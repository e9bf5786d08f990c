-- ===== src/Bytecode/Verifier/Ends.antt =====
-- The verification ends, whatever the bytes are.
use gengo.Prelude.{
  ◌≢◌, ℕ, ◌+◌, inl, inr, List, [], ◌∷◌, Bool, false, ◌&&◌, Option, none, some, ltb, leb, ◌==◌,
  arith, Bool-cases, length, replicate,
}
use gengo.Bytecode.Checked.{
  error, refuse_if, invalid_bytecode, stack_overflow, no_fuel, Answers, Answers-bind,
}
use gengo.Bytecode.Decoder.{Code}
use gengo.Bytecode.Scan.{has, scan, check_targets}
use gengo.Bytecode.Scan.Ends.{scan-Answers, check_targets-Answers}
use gengo.Bytecode.Walk.{Entry, run}
use gengo.Bytecode.Walk.Ends.{run-Answers}
use gengo.Bytecode.Verifier.{
  FuncObj, State, main_entry, func_bodies, stamp, run_bodies, checked_starts, verify_walks, verify,
}

func_bodies-Answers :
    (s : Code) (starts : List Bool) (found : ℕ) (consts : List (Option FuncObj))
    → Answers (func_bodies s starts found consts)
unfolding func_bodies
func_bodies-Answers s starts found [] = λ h. cc
func_bodies-Answers s starts found (none ∷ consts) = func_bodies-Answers s starts found consts
func_bodies-Answers s starts found (some f ∷ consts) =
    elim (Bool-cases (ltb f.ip s.code_len && has starts f.ip)) [
      | inl taken ↦ rw taken (
          Answers-bind (refuse_if (leb 4096 found) invalid_bytecode) _ (λ h. ground arith)
            λ _ room.
              Answers-bind (func_bodies s starts (found + 1) consts) _
                (func_bodies-Answers s starts (found + 1) consts) λ bodies e h. cc)
      | inr skipped ↦ rw skipped (func_bodies-Answers s starts found consts)
    ]

run_bodies-Answers :
    (s : Code) (starts : List Bool) (bodies : List Entry) (consts : List (Option FuncObj))
    → Answers (run_bodies s starts bodies consts)
unfolding run_bodies
run_bodies-Answers s starts [] consts = λ h. cc
run_bodies-Answers s starts (e ∷ bodies) consts =
    Answers-bind (run s starts e) _ (run-Answers s starts e) λ max ran.
      Answers-bind (refuse_if (ltb 65535 max) stack_overflow) _ (λ h. ground arith)
        λ _ low. run_bodies-Answers s starts bodies (stamp e.entry_ip max consts)

checked_starts-Answers : (st : State) → Answers (checked_starts st)
unfolding checked_starts
checked_starts-Answers st =
    let s = st.code in
    let empty = replicate s.code_len false in
    Answers-bind (scan s.code_len s (length st.consts) 0 empty) _
      (scan-Answers s.code_len s (length st.consts) 0 empty (omega arith))
      λ starts h.
        Answers-bind (check_targets s.code_len s starts 0) _
          (check_targets-Answers s.code_len s starts 0 (omega arith)) λ _ g k. cc

verify_walks-Answers : (st : State) (starts : List Bool) → Answers (verify_walks st starts)
unfolding verify_walks
verify_walks-Answers st starts =
    Answers-bind (func_bodies st.code starts 0 st.consts) _
      (func_bodies-Answers st.code starts 0 st.consts)
      λ bodies found.
        Answers-bind (run st.code starts main_entry) _ (run-Answers st.code starts main_entry)
          λ main_max main.
            Answers-bind (run_bodies st.code starts bodies st.consts) _
              (run_bodies-Answers st.code starts bodies st.consts) λ consts stamped h. cc

-- The fuel of the loops is enough for any bytes and any constants: the verification accepts or names an error of
-- the source.
pub verify-Answers : (st : State) → verify st ≢ error no_fuel
unfolding verify
verify-Answers st = elim (Bool-cases (st.code.code_len == 0)) [
  | inl empty ↦ rw empty (λ h. cc)
  | inr more ↦ rw more (
      Answers-bind (checked_starts st) _ (checked_starts-Answers st)
        λ starts h. verify_walks-Answers st starts)
]
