-- ===== src/Bytecode/Tests/Accepted.antt =====
-- The theorems on accepted code at small pieces of bytecode.
use mathlib.Core.Path.{subst}
use gengo.Prelude.{
  ℕ, ap, ◌∙◌, ◌/◌, ◌≡◌, ◌≢◌, ◌<◌, ◌≤◌, ◌⊎◌, refl, sym, inl, inr, [], ◌∷◌, some, arith,
}
use gengo.Bytecode.Checked.{ok, error, no_fuel}
use gengo.Bytecode.Op.{op_of}
use gengo.Bytecode.Decoder.{decode_at}
use gengo.Bytecode.Effect.{stack_effect}
use gengo.Bytecode.Scan.Starts.{Chain, here, next}
use gengo.Bytecode.Walk.{
  Visit, Entry, is_return_op, is_unconditional_branch, is_conditional_branch, slot_is_bad,
  fall_through, branch, visit, WorkItem, work_item,
}
use gengo.Bytecode.Walk.Paths.{
  In, In-one, visit-Visited, Step-Visited, Reach, start, then_step, Step, falls, jumps,
}
use gengo.Bytecode.Verifier.{State, main_entry, entry_of, verify}
use gengo.Bytecode.Verifier.Sound.{Accepts, Agrees, Step-lt}
use gengo.Bytecode.Verifier.Accepted.{verify-main_addresses, verify-main_depths, verify-functions}
use gengo.Bytecode.Tests.{
  chunk, with_function, identity, stamped_identity, verified, function_accepted,
}
use gengo.Bytecode.Verifier.Ends.{verify-Answers}

abbrev program : State
program = chunk with_function (some identity ∷ [])

program_verified : verify program ≡ ok stamped_identity
unfolding verified
program_verified = function_accepted

-- From the start to the last instruction.
to_halt : Reach program.code (work_item 0 0) (work_item 9 1)
unfolding stack_effect decode_at op_of is_return_op is_unconditional_branch is_conditional_branch
to_halt =
    then_step (then_step start (jumps _ _ 8 (record { decoded = refl; moves = refl }) refl refl))
      (falls _ _ (record { decoded = refl; moves = refl }) refl refl)

-- The places that a path from the start comes to.
abbrev IsOnMain : WorkItem → Type 0
IsOnMain at = (at ≡ work_item 0 0) ⊎ (at ≡ work_item 8 0) ⊎ (at ≡ work_item 9 1) ⊎ (10 ≤ at.ip)

abbrev IsOnBody : WorkItem → Type 0
IsOnBody at = (at ≡ work_item 5 0) ⊎ (at ≡ work_item 7 1) ⊎ (10 ≤ at.ip)

-- A step from a place that was visited goes to what the visit appends.
next_place :
    (e : Entry) (at from to : WorkItem) (v : Visit)
    → at ≡ from
    → visit program.code e from ≡ ok v
    → Step program.code at to
    → In to v.work ⊎ (10 ≤ to.ip)
next_place e at from to v same visited step =
    Step-Visited program.code e from to v (visit-Visited program.code e from v visited)
      (subst (λ (k : WorkItem). Step program.code k to) same step)

IsOnMain-step : (at to : WorkItem) → Step program.code at to → IsOnMain at → IsOnMain to
unfolding visit fall_through branch stack_effect decode_at op_of is_return_op
    is_unconditional_branch is_conditional_branch slot_is_bad
IsOnMain-step at to step (inl e) =
    elim (next_place main_entry at (work_item 0 0) to
      (record { new_depth = 0; work = work_item 8 0 ∷ [] }) e refl step) [
        | inl m ↦ inr (inl (In-one to _ m))
        | inr past ↦ inr (inr (inr past))
      ]
IsOnMain-step at to step (inr (inl e)) =
    elim (next_place main_entry at (work_item 8 0) to
      (record { new_depth = 1; work = work_item 9 1 ∷ [] }) e refl step) [
        | inl m ↦ inr (inr (inl (In-one to _ m)))
        | inr past ↦ inr (inr (inr past))
      ]
IsOnMain-step at to step (inr (inr (inl e))) =
    elim (next_place main_entry at (work_item 9 1) to (record { new_depth = 1; work = [] }) e refl
      step) [ inl m ↦ elim m [ ] | inr past ↦ inr (inr (inr past)) ]
IsOnMain-step at to step (inr (inr (inr past))) =
    absurd (omega (arith, Step-lt program.code at to step))

Reach-IsOnMain : (at : WorkItem) → Reach program.code (work_item 0 0) at → IsOnMain at
Reach-IsOnMain at start = inl refl
Reach-IsOnMain to (then_step {at} r step) = IsOnMain-step at to step (Reach-IsOnMain at r)

IsOnMain-depth : (ip d : ℕ) → ip < 10 → IsOnMain (work_item ip d) → d ≡ ip / 9
IsOnMain-depth ip d lt (inl e) =
    omega (arith, ap (λ (k : WorkItem). k.ip) e, ap (λ (k : WorkItem). k.depth) e)
IsOnMain-depth ip d lt (inr (inl e)) =
    omega (arith, ap (λ (k : WorkItem). k.ip) e, ap (λ (k : WorkItem). k.depth) e)
IsOnMain-depth ip d lt (inr (inr (inl e))) =
    omega (arith, ap (λ (k : WorkItem). k.ip) e, ap (λ (k : WorkItem). k.depth) e)
IsOnMain-depth ip d lt (inr (inr (inr past))) = absurd (omega arith)

main-Agrees : Agrees program.code (work_item 0 0)
main-Agrees ip d d' lt r r' =
    IsOnMain-depth ip d lt (Reach-IsOnMain _ r)
    ∙ sym (IsOnMain-depth ip d' lt (Reach-IsOnMain _ r'))

IsOnBody-step : (at to : WorkItem) → Step program.code at to → IsOnBody at → IsOnBody to
unfolding visit fall_through branch stack_effect decode_at op_of is_return_op
    is_unconditional_branch is_conditional_branch slot_is_bad
IsOnBody-step at to step (inl e) =
    elim (next_place (entry_of identity) at (work_item 5 0) to
      (record { new_depth = 1; work = work_item 7 1 ∷ [] }) e refl step) [
        | inl m ↦ inr (inl (In-one to _ m))
        | inr past ↦ inr (inr past)
      ]
IsOnBody-step at to step (inr (inl e)) =
    elim (next_place (entry_of identity) at (work_item 7 1) to (record { new_depth = 0; work = [] })
      e refl step) [ inl m ↦ elim m [ ] | inr past ↦ inr (inr past) ]
IsOnBody-step at to step (inr (inr past)) = absurd (omega (arith, Step-lt program.code at to step))

Reach-IsOnBody : (at : WorkItem) → Reach program.code (work_item 5 0) at → IsOnBody at
Reach-IsOnBody at start = inl refl
Reach-IsOnBody to (then_step {at} r step) = IsOnBody-step at to step (Reach-IsOnBody at r)

IsOnBody-depth : (ip d : ℕ) → ip < 10 → IsOnBody (work_item ip d) → d ≡ ip / 7
IsOnBody-depth ip d lt (inl e) =
    omega (arith, ap (λ (k : WorkItem). k.ip) e, ap (λ (k : WorkItem). k.depth) e)
IsOnBody-depth ip d lt (inr (inl e)) =
    omega (arith, ap (λ (k : WorkItem). k.ip) e, ap (λ (k : WorkItem). k.depth) e)
IsOnBody-depth ip d lt (inr (inr past)) = absurd (omega arith)

body-Agrees : Agrees program.code (work_item 5 0)
body-Agrees ip d d' lt r r' =
    IsOnBody-depth ip d lt (Reach-IsOnBody _ r)
    ∙ sym (IsOnBody-depth ip d' lt (Reach-IsOnBody _ r'))

in_body : Reach program.code (work_item 5 0) (work_item 7 1)
unfolding stack_effect decode_at op_of is_return_op is_unconditional_branch
in_body = then_step start (falls _ _ (record { decoded = refl; moves = refl }) refl refl)

body_row : Chain program.code 0 5
unfolding decode_at op_of
body_row = next _ refl here

verify-main_addresses_example :
    (d : ℕ) × Reach program.code (work_item 0 0) (work_item 9 d)
    × Accepts program.code 1 main_entry 1 (work_item 9 d)
verify-main_addresses_example =
    verify-main_addresses program stamped_identity (work_item 9 1) program_verified to_halt
      (omega arith)

verify-main_depths_example : Accepts program.code 1 main_entry 1 (work_item 9 1)
verify-main_depths_example =
    verify-main_depths program stamped_identity (work_item 9 1) program_verified main-Agrees to_halt
      (omega arith)

verify-functions_example :
    (1 ≤ 65535)
    × Accepts program.code 1 (entry_of (record identity { max_stack = 1 })) 1 (work_item 7 1)
verify-functions_example =
    verify-functions program stamped_identity (record identity { max_stack = 1 }) (work_item 7 1)
      program_verified (inl refl) body_row (omega arith) body-Agrees in_body (omega arith)

verify-Answers_example : verify program ≢ error no_fuel
verify-Answers_example = verify-Answers program
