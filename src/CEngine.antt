-- ===== src/CEngine.antt =====
-- tools/site-builder/fixtures/c_engine/add.c and composite.c: the two programs of the manual that
-- embed the engine. The line and the column of an error are left out.
mod Tests
pub mod Totals
use gengo.Prelude.{
  ℕ, zero, suc, ◌+◌, ◌*◌, ◌%◌, ◌^◌, List, [], ◌∷◌, ◌++◌, Bool, true, false, not, ◌&&◌, ◌||◌, Option,
  none, some, ◌==◌, leb, if◌then◌else◌, length,
}
use gengo.Prelude.Text.{codes, c_str}
use gengo.Wire.{
  Wire, Memory, Floats, wire_number, flag_integer, gengo_wire_as_int, gengo_wire_map_len,
  gengo_wire_map_value_at,
}
use gengo.Engine.{
  Engine, Arg, int, ints, CallCode, success, runtime_error, other_error, Outcome, RunCode, run_ok,
  compile_failed, run_failed,
}

-- sizeof message
abbrev pub message_size : ℕ
message_size = 256

-- What `print_error` prints of a message: `engine_last_error` answers its whole length, of which at
-- most 256 bytes are in the buffer; `none` is the read behind the buffer.
unfoldable pub print_error : List ℕ → Option (List ℕ)
print_error message = if leb (length message) message_size then some (c_str message) else none

-- How a program ends.
pub data Ending : Type 0 where
  init_failed : Ending
  engine_error : Option (List ℕ) → Ending
  unexpected : Ending
  printed : List ℕ → Ending

pub exit_code : Ending → ℕ
exit_code (printed line) = 0
exit_code _ = 1

abbrev pub add_source : List ℕ
add_source = codes "pub func add(a int, b int) int { return a + b }\n"

abbrev pub composite_source : List ℕ
composite_source =
    codes "pub func sum(xs []int) int {\n    total := 0\n    for x in xs { total += x }\n"
    ++ (codes "    return total\n}\npub func make_map() [string]int {\n"
        ++ codes "    return {\"a\": 1, \"b\": 2}\n}\n")

-- !(out.tag != NUMBER || out.flags != INTEGER || out.payload != 42)
unfoldable pub is_42 : Wire → Bool
is_42 out =
    not (not (out.tag == wire_number) || not (out.flags == flag_integer) || not (out.payload == 42))

-- total += gengo_wire_as_int(at), and what follows; `none` is a NULL that is read. The sum wraps
-- around 64 bits, where C leaves an overflow undefined.
abbrev pub add_at : Floats → Memory → (ℕ → Option ℕ) → ℕ → Option ℕ → Option ℕ
add_at fl m next total none = none
add_at fl m next total (some at) = next ((total + gengo_wire_as_int fl (m.wire at)) % 2 ^ 64)

-- The loop of composite.c over the entries of a map, with `rounds` entries left.
pub total_loop : Floats → Memory → Wire → ℕ → ℕ → ℕ → Option ℕ
total_loop fl m v zero i total = some total
total_loop fl m v (suc rounds) i total =
    add_at fl m (total_loop fl m v rounds (i + 1)) total (gengo_wire_map_value_at v i)

pub map_total : Floats → Memory → Wire → Option ℕ
map_total fl m v = total_loop fl m v (gengo_wire_map_len v) 0 0

-- gengo_wire_map_len(&map_out) == 2 && total == 3
pub is_expected : Wire → Option ℕ → Bool
is_expected out none = false
is_expected out (some total) = (gengo_wire_map_len out == 2) && (total == 3)

-- `if (engine_call(...) != 0) ...`: what follows a success, and the other end.
abbrev pub if_called : CallCode → Ending → Ending → Ending
if_called success next failed = next
if_called runtime_error next failed = failed
if_called other_error next failed = failed

abbrev pub if_run : RunCode → Ending → Ending → Ending
if_run run_ok next failed = next
if_run compile_failed next failed = failed
if_run run_failed next failed = failed

module _ (g : Engine) where
  -- A call, and what is done with its wire where it succeeds.
  pub call_then : List ℕ → List Arg → g.State → (g.State → Outcome → Ending) → Ending
  call_then fn args st next =
      let (st', o) = g.call st fn args in
      if_called o.code (next st' o) (engine_error (print_error (g.last_error st')))

  -- The start of both programs: `engine_init` and `engine_run`.
  pub run_then : Option g.State → List ℕ → (g.State → Ending) → Ending
  run_then none source next = init_failed
  run_then (some st) source next =
      let (st', code) = g.run st source in
      if_run code (next st') (engine_error (print_error (g.last_error st')))

  -- `main` of add.c
  unfoldable pub add_main : Option g.State → Ending
  add_main start = run_then start add_source λ st.
      call_then (codes "add") (int 40 ∷ int 2 ∷ []) st
        λ st' o. if is_42 o.out then printed (codes "42") else unexpected

  -- `main` of composite.c
  pub composite_main : Floats → Option g.State → Ending
  composite_main fl start = run_then start composite_source λ st.
      call_then (codes "sum") (ints (1 ∷ 2 ∷ 3 ∷ 4 ∷ []) ∷ []) st λ st' o.
        if not (gengo_wire_as_int fl o.out == 10)
        then unexpected
        else call_then (codes "make_map") [] st' λ st'' o'.
          if is_expected o'.out (map_total fl o'.memory o'.out)
          then printed (codes "ok")
          else unexpected
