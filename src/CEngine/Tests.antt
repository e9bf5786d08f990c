-- ===== src/CEngine/Tests.antt =====
-- The theorems on the programs of the manual at a concrete engine.
use gengo.Prelude.{ℕ, ◌==◌, if◌then◌else◌, []}
use gengo.Prelude.Text.{codes, bytes_eq}
use gengo.Wire.{Wire, Memory, Floats, gengo_wire_int, gengo_wire_map}
use gengo.Engine.{Engine, success, run_ok}

-- The pairs "a", 1 and "b", 2 at address 1000; the keys are left out.
abbrev wire_at : ℕ → Wire
wire_at p = if p == 1024 then gengo_wire_int 1 else gengo_wire_int 2

abbrev pairs_memory : Memory
pairs_memory = record { byte = λ p. 0; wire = wire_at }

abbrev floats : Floats
floats = record { to_int = λ x. x; of_int = λ n. n }

-- It answers 10, and a map where `make_map` is called.
abbrev summing : Engine
summing = record {
  State = ℕ;
  call = λ st fn args. (
    st,
    record {
      code = success;
      out = if bytes_eq fn (codes "sum") then gengo_wire_int 10 else gengo_wire_map 1000 2;
      memory = pairs_memory;
    },
  );
  run = λ st src. (st, run_ok);
  run_path = λ st src path. (st, run_ok);
  reset = λ st. st;
  last_error = λ st. [];
}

◇ ◇ ◇ ◇ ◇

In the material above, locate the line containing "in_body = then_step" and the line containing "1 (work_item 9 d)". Transcribe exactly those two lines and every line between them, and nothing more.

in_body = then_step start (falls _ _ (record { decoded = refl; moves = refl }) refl refl)

body_row : Chain program.code 0 5
unfolding decode_at op_of
body_row = next _ refl here

verify-main_addresses_example :
    (d : ℕ) × Reach program.code (work_item 0 0) (work_item 9 d)
    × Accepts program.code 1 main_entry 1 (work_item 9 d)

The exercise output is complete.